• EXERCISE DESCRIPTION: The entries below hold a line with "let failure = transport_error_cell" and a line with "unlock w a (some". Return those lines and all that lie between them, exactly and only.

• ENTRIES SUPPLIED:
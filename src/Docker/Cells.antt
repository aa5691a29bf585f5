-- ===== src/Docker/Cells.antt =====
-- DockerSandbox.exec_cell of henry/sandbox/docker.py with `_bounded_timeout`, `_timeout_cell`,
-- `_transport_error_cell`, `_decode_and_cap` and `_split_exec_output`. The method holds the
-- session's lock while Docker runs the cell, so it is two steps, `cell_begin` and `cell_end`.
pub mod Outcome
use henry.Prelude.{
  ℕ, zero, suc, ◌+◌, ◌*◌, min, Bool, true, false, Option, none, some, List, [], ◌∷◌, ◌++◌, length,
  take, ltb, ◌==◌, if◌then◌else◌,
}
use henry.Prelude.Int.{ℤ, pos, negsuc}
use henry.Text.{Text, codes, decimal, decimal_int}
use henry.Json.{Json}
use henry.Result.{Result, ok, err, Error, value_error, session_destroyed, other_error, ◌>>=◌}
use henry.SandboxTypes.{SandboxPolicy, CellResult, error, error_status}
use henry.Docker.Payload.{cell_result_from_payload}
use henry.Docker.Sessions.{
  Sandbox, Session, Removal, update, exec_in, get_session, invalidate_locked,
}

-- Limits: `_MAX_PAYLOAD_BYTES`, and `stdout_limit_bytes` as it is by default.
abbrev pub max_payload_bytes : ℕ
max_payload_bytes = 2 * 1024 * 1024

abbrev pub stdout_limit_bytes : ℕ
stdout_limit_bytes = 64 * 1024

-- Decoding of bytes: `decode` is `bytes.decode("utf-8", errors="replace")`, and `loads` is
-- `json.loads(bytes.decode("utf-8"))`, `none` where either raises.
pub record Codec : Type 0 where
  pub decode : List ℕ → Text
  pub loads : List ℕ → Option Json

unfoldable pub bounded_timeout : Option ℤ → SandboxPolicy → Result ℕ
bounded_timeout none policy = ok policy.default_timeout_s
bounded_timeout (some (pos zero)) policy =
    err (value_error (codes "timeout_s must be positive, got 0"))
bounded_timeout (some (pos n)) policy = ok (min n policy.max_timeout_s)
bounded_timeout (some (negsuc n)) policy =
    err (value_error (codes "timeout_s must be positive, got " ++ decimal_int (negsuc n)))

invalidated : Bool → Text → Text → CellResult
invalidated timed_out ename evalue = record {
  status = error_status;
  outputs = error ename evalue [] ∷ [];
  execution_count = 0;
  timed_out = timed_out;
  truncated = false;
  session_invalidated = true;
}

unfoldable pub timeout_cell : ℕ → CellResult
unfolding invalidated
timeout_cell timeout =
    invalidated true (codes "ExecutionTimeout")
      (codes "cell timed out after " ++ (decimal timeout ++ codes "s"))

unfoldable pub transport_error_cell : Text → CellResult
unfolding invalidated
transport_error_cell text = invalidated false (codes "KernelTransportError") text

-- What `exec_run` gives as output: a pair with `demux`, bytes without, or another object, of which
-- `str` is taken.
pub data DockerOutput : Type 0 where
  demuxed : Option (List ℕ) → Option (List ℕ) → DockerOutput
  plain : List ℕ → DockerOutput
  other : List ℕ → DockerOutput

or_empty : Option (List ℕ) → List ℕ
or_empty none = []
or_empty (some bytes) = bytes

unfoldable pub split_exec_output : DockerOutput → List ℕ × List ℕ
unfolding or_empty
split_exec_output (demuxed stdout stderr) = (or_empty stdout, or_empty stderr)
split_exec_output (plain bytes) = (bytes, [])
split_exec_output (other bytes) = (bytes, [])

unfoldable pub decode_and_cap : Codec → List ℕ → Text × Bool
decode_and_cap codec bytes =
    let truncated = ltb stdout_limit_bytes (length bytes) in
    (codec.decode (if truncated then take stdout_limit_bytes bytes else bytes), truncated)

-- How the wait for Docker's `exec_run` ends.
pub data ExecOutcome : Type 0 where
  cancelled timed_out failed : ExecOutcome
  exited : ℤ → DockerOutput → ExecOutcome

is_zero : ℤ → Bool
is_zero (pos zero) = true
is_zero _ = false

-- What `exec_cell` returns for a decoded payload, with whether the session is torn down.
judged : Result CellResult → CellResult × Bool
judged (ok result) =
    if result.timed_out
    then (record result { session_invalidated = true }, true)
    else (result, false)
judged (err e) = (transport_error_cell (codes "malformed kernel response"), true)

decoded : Option Json → CellResult × Bool
unfolding judged
decoded none = (transport_error_cell (codes "malformed kernel response"), true)
decoded (some payload) = judged (cell_result_from_payload payload)

-- The branches behind the wait: the result, or `none` for a cancellation that is raised again, and
-- whether `_invalidate_locked` is called.
unfoldable pub cell_outcome : Codec → ℕ → ExecOutcome → Option CellResult × Bool
unfolding is_zero decoded
cell_outcome codec timeout cancelled = (none, true)
cell_outcome codec timeout timed_out = (some (timeout_cell timeout), true)
cell_outcome codec timeout failed =
    (some (transport_error_cell (codes "kernel exec failed: Docker transport error")), true)
cell_outcome codec timeout (exited exit_code output) =
    let (out, err_bytes) = split_exec_output output in
    let failure = transport_error_cell (
      codes "kernel exec failed (exit "
      ++ (decimal_int exit_code ++ (codes "): " ++ (decode_and_cap codec err_bytes).0))) in
    if is_zero exit_code
    then if ltb max_payload_bytes (length out)
      then (some (transport_error_cell (codes "kernel response exceeded host payload limit")), true)
      else (let (result, torn) = decoded (codec.loads out) in (some result, torn))
    else (some failure, true)

-- `exec_cell` up to the lock: the session and the timeout.
unfoldable pub cell_enter : Sandbox → Text → Option ℤ → Result (ℕ × ℕ)
cell_enter w session timeout_s = do
  found ← get_session w session
  timeout ← bounded_timeout timeout_s found.1.policy
  ok (found.0, timeout)

-- With the lock just taken on the object `s` of number `a`: the session may be gone by now.
unfoldable pub cell_begin : Sandbox → Text → ℕ → Session → Result Sandbox
cell_begin w session a s =
    if s.destroyed
    then err (session_destroyed (codes "sandbox session is destroyed: " ++ session))
    else ok (record w {
      heap = update w.heap a (record s { locked = true });
      calls = exec_in a ∷ w.calls;
    })

cell_result : Option CellResult → Result CellResult
cell_result none = err (other_error (codes "CancelledError"))
cell_result (some result) = ok result

unfoldable pub unlock : Sandbox → ℕ → Option Session → Sandbox
unlock w a none = w
unlock w a (some s) = record w { heap = update w.heap a (record s { locked = false }) }

-- From the end of the wait to the release of the lock.
unfoldable pub cell_end :
    Codec → Sandbox → Text → ℕ → Session → ℕ → ExecOutcome → Removal → Sandbox × Result CellResult
unfolding cell_result unlock
cell_end codec w session a s timeout outcome r =
    let (result, torn) = cell_outcome codec timeout outcome in
    let w' = if torn then invalidate_locked w session a s r else w in
    (unlock w' a (w'.heap a), cell_result result)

• EXPECTED OUTPUT:
    let failure = transport_error_cell (
      codes "kernel exec failed (exit "
      ++ (decimal_int exit_code ++ (codes "): " ++ (decode_and_cap codec err_bytes).0))) in
    if is_zero exit_code
    then if ltb max_payload_bytes (length out)
      then (some (transport_error_cell (codes "kernel response exceeded host payload limit")), true)
      else (let (result, torn) = decoded (codec.loads out) in (some result, torn))
    else (some failure, true)

-- `exec_cell` up to the lock: the session and the timeout.
unfoldable pub cell_enter : Sandbox → Text → Option ℤ → Result (ℕ × ℕ)
cell_enter w session timeout_s = do
  found ← get_session w session
  timeout ← bounded_timeout timeout_s found.1.policy
  ok (found.0, timeout)

-- With the lock just taken on the object `s` of number `a`: the session may be gone by now.
unfoldable pub cell_begin : Sandbox → Text → ℕ → Session → Result Sandbox
cell_begin w session a s =
    if s.destroyed
    then err (session_destroyed (codes "sandbox session is destroyed: " ++ session))
    else ok (record w {
      heap = update w.heap a (record s { locked = true });
      calls = exec_in a ∷ w.calls;
    })

cell_result : Option CellResult → Result CellResult
cell_result none = err (other_error (codes "CancelledError"))
cell_result (some result) = ok result

unfoldable pub unlock : Sandbox → ℕ → Option Session → Sandbox
unlock w a none = w
unlock w a (some s) = record w { heap = update w.heap a (record s { locked = false }) }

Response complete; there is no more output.